Villanueva accuses DA’s office of suppressing information ahead of election

Los Angeles County Sheriff Alex Villanueva

In a press conference on Thursday, Los Angeles County Sheriff Alex Villanueva accused the L.A. County District Attorney’s Office of withholding the outcomes of four cases from the public in a deliberate attempt to undermine the Sheriff’s Department ahead of Tuesday’s election. 

Villanueva alleged that a whistleblower, within the D.A.’s office, has provided documentation to prove these accusations, although Villanueva stated he has not seen or read them yet.  

“Whistleblowers inside the office of the district attorney have provided the following disturbing and disappointing information: The outcome in many cases assigned to the District Attorney Justice System Integrity Division were intentionally withheld from the public release, in order to avoid criticism from supporters during the recall effort of George Gascón, as well as to affect the outcome of the sheriff’s election,” said Villanueva. “Many of these cases were also cited as contributing factors for cause of my resignation and for Measure A being placed on the ballot by the Board of Supervisors and the Civilian Oversight Commission.” 

Measure A is on the ballot for Tuesday’s election, which, if passed by voters, would amend the county charter to give the Board of Supervisors the power to remove a county sheriff.  

The four cases in which Villanueva is accusing the D.A. ‘s office of withholding rulings and information are the cases of Anthony Weber, Andrés Guardado, Dijon Kizzee, and Enzo Escalante.  

In May 2019 Weber’s family received a $3.75 million settlement a year after he was shot and killed by sheriff’s deputies in 2018. The Sheriff’s Department has said Weber matched the description of a suspect and fled upon contact, according to their report. A gun was not found at the scene following the shooting, but the Sheriff’s Department said the gun may have been removed once community members descended upon the scene. Weber’s family has denied this version of events.  

Guardado’s family is set to receive a settlement of $8 million after he was shot and killed by sheriff’s deputies in the city of Gardena in June 2020. Deputies said Guardado fled after allegedly displaying a handgun.  

Kizzee was shot and killed by deputies in August 2020 after being stopped for an alleged vehicle code violation in South L.A. Attorneys representing the Kizzee family are alleging he was not armed.  

Escalante is currently filing a lawsuit against the Sheriff’s Department after having his head knelt on by deputies while being detained at the San Fernando County Courthouse in March 2021, a video of which surfaced in March. 

Villanueva said he has taken appropriate action for each of these cases and said it’s wrong for the D.A.’s office to use these tragedies for political gain.    

“We’re not supposed to play politics with our offices. And when we do our investigations, good, bad, indifferent, the results – we have to present them and do what we’re supposed to do. Take action administratively. We take action. We present the case for the district attorney, the attorney general if it’s a federal case, but we don’t withhold things for material gain, or for political advantages. And this is exactly what’s happened, [with] all four cases,” said Villanueva. “I’m disappointed but I’m not shocked.” 

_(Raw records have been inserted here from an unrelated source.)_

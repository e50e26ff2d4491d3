-- ===== src/Tests/Sessions.antt =====
-- A session with the wallet, and the names that are offered to a user.
use universal_login_sdk.Prelude.{
  ◌≡◌, ◌<◌, refl, Bool, some, List, [], ◌∷◌, Text, codes, Result, ok, starts_with, ◌==◌, split,
  length, arith,
}
use universal_login_sdk.Commons.Selection.{
  Suggestions, split_by_existence, get_suggestions, is_correct_prefix, is_node_prefix,
  get_suggestions_for_node_and_sld_prefix,
}
use universal_login_sdk.Commons.Selection.Suggested.{Extend, get_suggestions-Extend}
use universal_login_sdk.Wallet.{FutureWallet, AnyWallet, WalletState, WalletService, new_service}
use universal_login_sdk.Wallet.Sessions.{
  Call, create, deployed_as, leave, after_all, IsConsistent, after_all-IsConsistent,
}

abbrev future_wallet : FutureWallet
future_wallet = record { contract_address = codes "0x1"; private_key = codes "0x2" }

abbrev calls : List Call
calls = create (ok future_wallet) ∷ deployed_as (codes "alice.mylogin.eth") ∷ leave ∷ []

after_all-IsConsistent_example : IsConsistent (after_all calls new_service)
after_all-IsConsistent_example = after_all-IsConsistent calls

abbrev waiting_service : WalletService
waiting_service = record {
  user_wallet = some (AnyWallet.future future_wallet);
  state = WalletState.state_future;
}

-- One name exists.
abbrev known : Text → Bool
known d = d == codes "alice.mylogin.eth"

abbrev exists : Text → Result Text Bool
exists d = ok (known d)

abbrev names : List Text
names = codes "alice.mylogin.eth" ∷ codes "alice.example.eth" ∷ []

abbrev domains : List Text
domains = codes "mylogin.eth" ∷ codes "example.eth" ∷ []

abbrev offered : Suggestions
offered = record { connections = codes "alice.mylogin.eth" ∷ []; creations = [] }

offers : get_suggestions exists domains (codes "alice.my") ≡ ok (some offered)
unfolding get_suggestions is_correct_prefix split is_node_prefix starts_with
    get_suggestions_for_node_and_sld_prefix split_by_existence ◌==◌
offers = refl

two_parts : length (split b'.' (codes "alice.my")) < 3
unfolding split
two_parts = omega arith

get_suggestions-Extend_example : Extend (codes "alice.my") offered
get_suggestions-Extend_example =
    get_suggestions-Extend exists known (λ d. refl) domains (codes "alice.my") offered two_parts
      offers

Tiffiny Blacknell, Bureau of Communications director for the D.A. ‘s office, called Villanueva’s claims lies and a political stunt ahead of the election. 

“Sadly, there were many lies told in today’s press conference. In every investigation involving a killing at the hands of law enforcement our JSID unit reviews the investigation and makes a filing recommendation to the D.A. through the chain of command unless the case is being handled by the attorney general,” wrote Blacknell in a prepared statement. “I would also add that the families of those who have been killed or injured by law enforcement deserve better than to have their loved ones’ cases be made into a media stunt on the eve of an election.” 

Blacknell stated that if a case is being handled by the D.A. ‘s office, it has the option of either following the JSID’s recommendation, overruling it, asking for a presentation, or requesting further investigation. According to Blacknell, a filing decision is not final unless the D.A. has signed off on it. Once this occurs, the D.A.’s office makes “every effort to contact [the family] before that information is disseminated to the press” out of respect.  

The D.A.’s office has not responded to a request for comment regarding whether Gascón has officially signed off on any of these cases.  

Villanueva’s election opponent, Robert Luna, also dismissed Villanueva’s claims as political fodder.  

“This is just another Sheriff Villanueva attempt to distract voters from his scandals, chaos and dysfunction that has put our public safety at risk,” read a prepared statement from his campaign. “In Santa Clarita, violent crime and property crime have both increased by more than 20% this year. And instead of developing an effective strategy to reduce crime, Villanueva refuses to take responsibility and blames others. That’s why 70% of L.A. County voters in the primary voted to replace the sheriff.” 

Villanueva rejected Luna’s statement, saying he was just repeating a narrative.  

“When my opponent falsely asserts that nothing has been done, he’s just repeating the narrative, politically driven by the Oversight Commission… that’s what we can expect from a candidate who is grasping for straws. I think he has his own problems with his own candidacy and his lack of actually anything that he plans on doing as sheriff,” said Villanueva.